Analyzing four spectra corresponding to different phases demonstrated that KOI-258 is a single star. We could not find any sign for the lines belonging to the secondary component in the cross-correlation, using the spectra of 54 Psc, HD 190404 and τ Cet with high SNR as a radial velocity templates. However, if the cores of the lines shown in Figures 3 are carefully examined, it will be easily noticed that the wavelengths of the line cores vary from one spectrum to the next. Considering this variation, we tried to determine the radial velocity of the target from each spectrum by using the spectra of the same stars as a radial velocity templates. We obtained four radial velocities corresponding to different phases, which were computed depending on the light elements given by Slawson et al. (2011). As also seen from Figure 4, there is a variation in the radial velocity of the target, and its amplitude is remarkably larger than the error bars. Considering the trend observed in Figure 4, it appears to us that KOI-258 has one or more companions, but there is no object as massive as a companion star.

Then, we tried to determine the temperature of the star by using the same comparison template stars. Because of the mismatches between the target spectra and comparison templates, we used synthetic templates to find the spectral type of KOI-258. Comparisons indicated that target spectra match the synthetic template derived for 6500±200 K with a metallicity of [M/H] = 0.00 . Thus, we decided that KOI-258 is a F6V star with solar metallicity. This result is in agreement with those given in the literature. For example, both Borucki et al. (2011) and Batalha et al. (2013) gave the temperature of the target as 6278 K with log= 4.17. However, according to Campante et al. (2014); Pinsonneault et al. (2012); Rowe et al. (2015); Huber et al. (2014), the temperature of KOI-258 is between 6528 K and 6535 K, and the log𝑔 value is between 4.161 and 4.35.

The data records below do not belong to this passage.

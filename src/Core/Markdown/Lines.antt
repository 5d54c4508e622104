-- ===== src/Core/Markdown/Lines.antt =====
-- Lines with their ends, and the two loops over them.
use agent_knowledge.Prelude.{
  ℕ, ◌+◌, ◌≤◌, ◌≡◌, refl, sym, ap, ◌∙◌, ◌≢◌, inl, inr, true, false, List, [], ◌∷◌, ◌++◌,
  append_assoc, arith, ◌==◌, nat_eq, list_eq, if◌then◌else◌, length, length-append, All,
  ends_with_char, ok, Bytes, cons_head, Bool-cases,
}
use agent_knowledge.Core.Markdown.{split_inclusive, is_delimiter, body_offset, front_matter_offset}

unfoldable pub concat : List Bytes → Bytes
concat [] = []
concat (l ∷ ls) = l ++ concat ls

pub concat-append : (xs ys : List Bytes) → concat (xs ++ ys) ≡ concat xs ++ concat ys
unfolding concat
concat-append [] ys = refl
concat-append (x ∷ xs) ys =
    ap (λ t. x ++ t) (concat-append xs ys) ∙ sym (append_assoc x (concat xs) (concat ys))

concat-cons_head : (c : ℕ) (ls : List Bytes) → concat (cons_head c ls) ≡ c ∷ concat ls
unfolding concat
concat-cons_head c [] = refl
concat-cons_head c (l ∷ ls) = refl

pub concat-split_inclusive : (s : Bytes) → concat (split_inclusive s) ≡ s
unfolding split_inclusive concat
concat-split_inclusive [] = refl
concat-split_inclusive (c ∷ s) =
    ground (arith, concat-cons_head c (split_inclusive s), concat-split_inclusive s)

-- Text that is empty or ends a line: what is appended to it starts a new one.
abbrev pub EndsLine : Bytes → Type 0
EndsLine [] = Unit
EndsLine (c ∷ s) = ends_with_char b'\n' (c ∷ s) ≡ true

cons_head-append :
    (c : ℕ) (ls ms : List Bytes) → ls ≢ [] → cons_head c (ls ++ ms) ≡ cons_head c ls ++ ms
cons_head-append c [] ms h = absurd (h refl)
cons_head-append c (l ∷ ls) ms h = refl

split_inclusive-ne-nil : (c : ℕ) (s : Bytes) → split_inclusive (c ∷ s) ≢ []
unfolding split_inclusive
split_inclusive-ne-nil c s e = go (split_inclusive s) e
  where
    go : (ls : List Bytes) → (if c == b'\n' then (c ∷ []) ∷ ls else cons_head c ls) ≡ [] → ⊥
    go [] e = ground arith
    go (l ∷ ls) e = ground arith

pub split_inclusive-append :
    (s t : Bytes) → EndsLine s → split_inclusive (s ++ t) ≡ split_inclusive s ++ split_inclusive t
unfolding split_inclusive
split_inclusive-append [] t h = refl
split_inclusive-append (c ∷ []) t h = ground arith
split_inclusive-append (c ∷ (d ∷ s)) t h = ground (
  arith,
  split_inclusive-append (d ∷ s) t h,
  cons_head-append c (split_inclusive (d ∷ s)) (split_inclusive t) (split_inclusive-ne-nil d s),
)

abbrev pub AreContent : List Bytes → Type 0
AreContent ls = All (λ l. is_delimiter l ≡ false) ls

-- Where the loops stop: at the first delimiter.
pub front_matter_offset-append :
    (maximum offset : ℕ) (ls rest : List Bytes) (d : Bytes)
    → AreContent ls
    → is_delimiter d ≡ true
    → offset + length (concat ls) ≤ maximum
    → front_matter_offset maximum offset (ls ++ (d ∷ rest)) ≡ ok (offset + length (concat ls))
unfolding front_matter_offset concat
front_matter_offset-append maximum offset [] rest d c h le = ground arith
front_matter_offset-append maximum offset (l ∷ ls) rest d (c, cs) h le =
    let sum = length-append l (concat ls) in
    let later =
      front_matter_offset-append maximum (offset + length l) ls rest d cs h (omega (arith, sum)) in
    ground (arith, sum, later)

pub body_offset-append :
    (offset : ℕ) (ls rest : List Bytes) (d : Bytes)
    → AreContent ls
    → is_delimiter d ≡ true
    → body_offset offset (ls ++ (d ∷ rest)) ≡ ok (offset + length (concat ls) + length d)
unfolding body_offset concat
body_offset-append offset [] rest d c h = ground arith
body_offset-append offset (l ∷ ls) rest d (c, cs) h =
    ground
      (arith, length-append l (concat ls), body_offset-append (offset + length l) ls rest d cs h)

-- The lines before the delimiter at which a loop stopped, the delimiter and the lines after it.
pub record Stop (lines : List Bytes) : Type 0 where
  pub before : List Bytes
  pub line : Bytes
  pub after : List Bytes
  pub split_lines : lines ≡ before ++ (line ∷ after)
  pub content : AreContent before
  pub delimiter : is_delimiter line ≡ true

stop_later :
    (l : Bytes) {lines : List Bytes} → is_delimiter l ≡ false → Stop lines → Stop (l ∷ lines)
stop_later l h s = record {
  before = l ∷ s.before;
  line = s.line;
  after = s.after;
  split_lines = ap (λ t. l ∷ t) s.split_lines;
  content = (h, s.content);
  delimiter = s.delimiter;
}

pub front_matter_offset_sound :
    (maximum offset : ℕ) (lines : List Bytes) {n : ℕ}
    → front_matter_offset maximum offset lines ≡ ok n
    → (s : Stop lines) × (n ≡ offset + length (concat s.before)) × (n ≤ maximum)
unfolding front_matter_offset concat stop_later
front_matter_offset_sound maximum offset [] h = cc
front_matter_offset_sound maximum offset (l ∷ lines) {n} h = elim (Bool-cases (is_delimiter l)) [
  | inl stop ↦ (
    record {
      before = [];
      line = l;
      after = lines;
      split_lines = refl;
      content = tt;
      delimiter = stop;
    },
    ground arith,
    ground arith,
  )
  | inr more ↦
      let rest : front_matter_offset maximum (offset + length l) lines ≡ ok n = ground arith in
      let (s, at, fits) = front_matter_offset_sound maximum (offset + length l) lines rest in
      (stop_later l more s, omega (arith, at, length-append l (concat s.before)), fits)
]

Before analyzing the whole light curve and determining the short term flares, we tried to find the cause of the sinusoidal variation at out-of-eclipses. For this aim, we considered the temperature and logg parameters determined from the KOI-258’s spectra. Then, we compared the consecutive cycles of the light curve to see whether the variation at out-of-eclipses is like that expected for stellar spot activity. We firstly considered that it is a rotational modulation effect due to cool spots, because of the presence of flare activity clearly seen in Figure 1. Examination of the light variation cycle by cycle indicated that the sinusoidal variation absolutely changes its shape in very short times, as shown in Figure 7. However, if the sinusoidal variation were caused by cool stellar spots, the frequency analysis would reveal a few dominant frequencies corresponding to the stellar period. Indeed, if the sinusoidal variation were caused by a cool stellar spot, it would be expected also that the minima phases of the sinusoidal variation should migrate, as shown for spotted stars by Yoldaş & Dal (2017b, 2019). It could be thought that the variation is caused by the stellar spots, and new spots occur in each cycle. On the other hand, it is well known that cool stellar spots can be alive for a few months. However, the active regions, where the spots occur, can be alive for several years. Therefore, if the variation were caused by the stellar spot, a regular phase migration should be observed. According to the results obtained from the spectral analyses, KOI-258 is a main sequence star of spectral type F6, which provides another possibility for this variability. The sinusoidal variation could be caused by pulsation, instead of cool spots. However, KOI-258 is located out of the instability strip in the Hertzsprung-Russell diagram. Because of this, even if KOI-258 is not a γ Doradus or δ Scuti type pulsating star, it could be a solar-like oscillating star.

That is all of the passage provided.